Keating’s brother and sister gave their own DNA samples three years ago after scientists identified what they believed was their mother’s hairbrush. According to the Times, researchers maintain a depository of 22,000 body parts retrieved from the rubble, with 1,100 victims still to be identified.

“Nearly 25 years after the disaster at the World Trade Center, our commitment to identify the missing and return them to their loved ones stands as strong as ever,” Graham said in a statement.

“Each new identification testifies to the promise of science and sustained outreach to families despite the passage of time. We continue this work as our way of honoring the lost.”

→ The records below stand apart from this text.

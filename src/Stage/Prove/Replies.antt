-- ===== src/Stage/Prove/Replies.antt =====
-- What the reply to a prove task does: which task it meets, when it is tried again, and when the
-- stage is given up.
use zkm_prover.Base.{
  ℕ, suc, ◌+◌, ◌≤◌, ◌<◌, ◌≡◌, refl, ap, ◌∙◌, inl, inr, Bool, true, false, ◌&&◌, ◌||◌, Option, none,
  some, List, [], ◌∷◌, ◌++◌, ◌==◌, leb, str_eq, if◌then◌else◌, count_if, any, find, Bool-cases,
  &&-eq-true, arith,
}
use zkm_prover.Platform.{World}
use zkm_prover.Tasks.{
  ProveTask, task_state_processing, task_state_failed, task_state_success, task_state_unprocessed,
}
use zkm_prover.Tasks.Progress.{on_prove_task, is_open}
use zkm_prover.Stage.{Stage}
use zkm_prover.Stage.Prove.{
  take_prove, get_prove_task, answer_prove, on_prove_reply, count_processing_prove_tasks,
  clear_agg_child_task,
}

-- A reply meets a task under its id that is being processed.
abbrev pub meets : ProveTask → ProveTask → Bool
meets src t = str_eq t.task_id src.task_id && t.state == task_state_processing

-- The reply is a failure, and the task has failed three times before.
abbrev pub is_last_failure : ProveTask → Option ProveTask → Bool
is_last_failure src none = false
is_last_failure src (some t) = src.state == task_state_failed && leb 3 t.failure_count

on_prove_task-fails :
    (now : ℕ) (src t : ProveTask) → (on_prove_task now src t).fails ≡ is_last_failure src (some t)
unfolding on_prove_task
on_prove_task-fails now src t = ground arith

on_prove_task-src :
    (now : ℕ) (src t : ProveTask)
    → ((on_prove_task now src t).src.state ≡ src.state)
      × ((on_prove_task now src t).src.task_id ≡ src.task_id)
unfolding on_prove_task
on_prove_task-src now src t = (ground arith, ground arith)

answer_prove-fails :
    (now : ℕ) (src : ProveTask) (ts : List ProveTask)
    → (answer_prove now src ts).2 ≡ is_last_failure src (find (meets src) ts)
unfolding answer_prove
answer_prove-fails now src [] = refl
answer_prove-fails now src (t ∷ ts) = elim (Bool-cases (meets src t)) [
  | inl met ↦ rw met (on_prove_task-fails now src t)
  | inr other ↦ rw other (answer_prove-fails now src ts)
]

-- A reply marks the stage as failed exactly when it is a failure of the task that it meets, and
-- that task has failed three times before: by the fourth failure.
pub on_prove_reply-is_error :
    (w : World) (src : ProveTask) (s : Stage)
    → (on_prove_reply w src s).0.is_error
      ≡ (is_last_failure src (find (meets src) s.prove_tasks) || s.is_error)
unfolding on_prove_reply clear_agg_child_task
on_prove_reply-is_error w src s = ground (arith, answer_prove-fails w.now src s.prove_tasks)

pub answer_prove_met :
    (now : ℕ) (src : ProveTask) (front back : List ProveTask) (t : ProveTask)
    → any (meets src) front ≡ false
    → meets src t ≡ true
    → (answer_prove now src (front ++ t ∷ back)).1 ≡ front ++ (on_prove_task now src t).dst ∷ back
unfolding answer_prove
answer_prove_met now src [] back t none_before met = rw met
answer_prove_met now src (u ∷ front) back t none_before met =
    ground (arith, answer_prove_met now src front back t)

pub on_prove_reply-tasks :
    (w : World) (src : ProveTask) (s : Stage)
    → (on_prove_reply w src s).0.prove_tasks ≡ (answer_prove w.now src s.prove_tasks).1
unfolding on_prove_reply clear_agg_child_task
on_prove_reply-tasks w src s = ground arith

is_last_failure_few :
    (src t : ProveTask) (front back : List ProveTask)
    → any (meets src) front ≡ false
    → meets src t ≡ true
    → t.failure_count < 3
    → is_last_failure src (find (meets src) (front ++ t ∷ back)) ≡ false
is_last_failure_few src t [] back none_before met few = ground arith
is_last_failure_few src t (u ∷ front) back none_before met few =
    ground (arith, is_last_failure_few src t front back)

-- A task that fails, having failed fewer than three times before, stands in its place, open for
-- the next get_prove_task, with one more failure and the node that failed on record, and the stage
-- is not marked: not by the third failure either.
pub on_prove_reply_retries :
    (w : World) (src : ProveTask) (s : Stage) (front back : List ProveTask) (t : ProveTask)
    → s.prove_tasks ≡ front ++ t ∷ back
    → any (meets src) front ≡ false
    → meets src t ≡ true
    → src.state ≡ task_state_failed
    → t.failure_count < 3
    → (t' : ProveTask) × ((on_prove_reply w src s).0.prove_tasks ≡ front ++ t' ∷ back)
      × (is_open t'.state ≡ true)
      × (t'.failure_count ≡ suc t.failure_count)
      × (t'.trace.node_info ≡ src.trace.node_info)
      × ((on_prove_reply w src s).0.is_error ≡ s.is_error)
unfolding on_prove_task
on_prove_reply_retries w src s front back t e none_before met failed few = (
  (on_prove_task w.now src t).dst,
  on_prove_reply-tasks w src s
      ∙ ap (λ (ts : List ProveTask). (answer_prove w.now src ts).1) e
      ∙ answer_prove_met w.now src front back t none_before met,
  ground arith,
  ground arith,
  ground arith,
  on_prove_reply-is_error w src s
      ∙ ap (λ (b : Bool). b || s.is_error)
          (ap (λ (ts : List ProveTask). is_last_failure src (find (meets src) ts)) e
            ∙ is_last_failure_few src t front back none_before met few),
)

abbrev pub is_processing : ProveTask → Bool
is_processing t = t.state == task_state_processing

abbrev pub found_one {ℓ} : {A : Type ℓ} → Option A → ℕ
found_one none = 0
found_one (some _) = 1

take_prove-count :
    (w : World) (ts : List ProveTask)
    → count_if is_processing (take_prove w ts).0
      ≡ count_if is_processing ts + found_one (take_prove w ts).1
unfolding take_prove
take_prove-count w [] = refl
take_prove-count w (t ∷ ts) = ground (arith, take_prove-count w ts)

-- get_prove_task makes one more task processed where it hands one out, and none where it does not.
pub get_prove_task-count :
    (w : World) (s : Stage)
    → count_processing_prove_tasks (get_prove_task w s).0
      ≡ count_processing_prove_tasks s + found_one (get_prove_task w s).1
unfolding get_prove_task count_processing_prove_tasks
get_prove_task-count w s = take_prove-count w s.prove_tasks

-- A reply says how a call has ended: with a failure, a success, or a task to be tried again.
abbrev pub says_end : ProveTask → Bool
says_end src =
    src.state == task_state_failed
    || src.state == task_state_success
    || src.state == task_state_unprocessed

-- How many tasks a reply ends, by the task that it meets.
abbrev pub ended_by : ProveTask → Option ProveTask → ℕ
ended_by src none = 0
ended_by src (some t) = if says_end src then 1 else 0

on_prove_task-processing :
    (now : ℕ) (src t : ProveTask)
    → meets src t ≡ true
    → (if is_processing (on_prove_task now src t).dst then 1 else 0) + ended_by src (some t) ≡ 1
unfolding on_prove_task
on_prove_task-processing now src t met = ground arith

answer_prove-count :
    (now : ℕ) (src : ProveTask) (ts : List ProveTask)
    → count_if is_processing (answer_prove now src ts).1 + ended_by src (find (meets src) ts)
      ≡ count_if is_processing ts
unfolding answer_prove
answer_prove-count now src [] = refl
answer_prove-count now src (t ∷ ts) = elim (Bool-cases (meets src t)) [
  | inl met ↦
      let (named, processing) = &&-eq-true (str_eq t.task_id src.task_id) (is_processing t) met in
      rw met (
        omega (
          arith,
          on_prove_task-processing now src t met,
          ap {B = ℕ} (λ (b : Bool). if b then 1 else 0) processing,
        ))
  | inr other ↦ rw other (omega (arith, answer_prove-count now src ts))
]

pub on_prove_reply-count :
    (w : World) (src : ProveTask) (s : Stage)
    → count_processing_prove_tasks (on_prove_reply w src s).0
        + ended_by src (find (meets src) s.prove_tasks)
      ≡ count_processing_prove_tasks s
unfolding count_processing_prove_tasks
on_prove_reply-count w src s =
    rw (on_prove_reply-tasks w src s) (answer_prove-count w.now src s.prove_tasks)

-- A reply makes no more tasks processed.
pub on_prove_reply-count_le :
    (w : World) (src : ProveTask) (s : Stage)
    → count_processing_prove_tasks (on_prove_reply w src s).0 ≤ count_processing_prove_tasks s
on_prove_reply-count_le w src s = omega (arith, on_prove_reply-count w src s)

The names of Fitzgerald and Keating are among 2,983 inscribed on the 9/11 memorial in New York built on the footprints of the twin towers, also honoring those killed in attacks on the same day at the Pentagon and on another hijacked plane brought down in Shanksville, Pennsylvania, as it was headed for Washington DC. Six who died in the 1993 World Trade Center bombing are also remembered.

Eric Adams, New York’s mayor, promised work would continue to try to identify everybody who was killed.

“The pain of losing a loved one in the September 11 terror attacks echoes across the decades, but with these three new identifications we take a step forward in comforting the family members still aching from that day,” he said in a statement reported by the Times.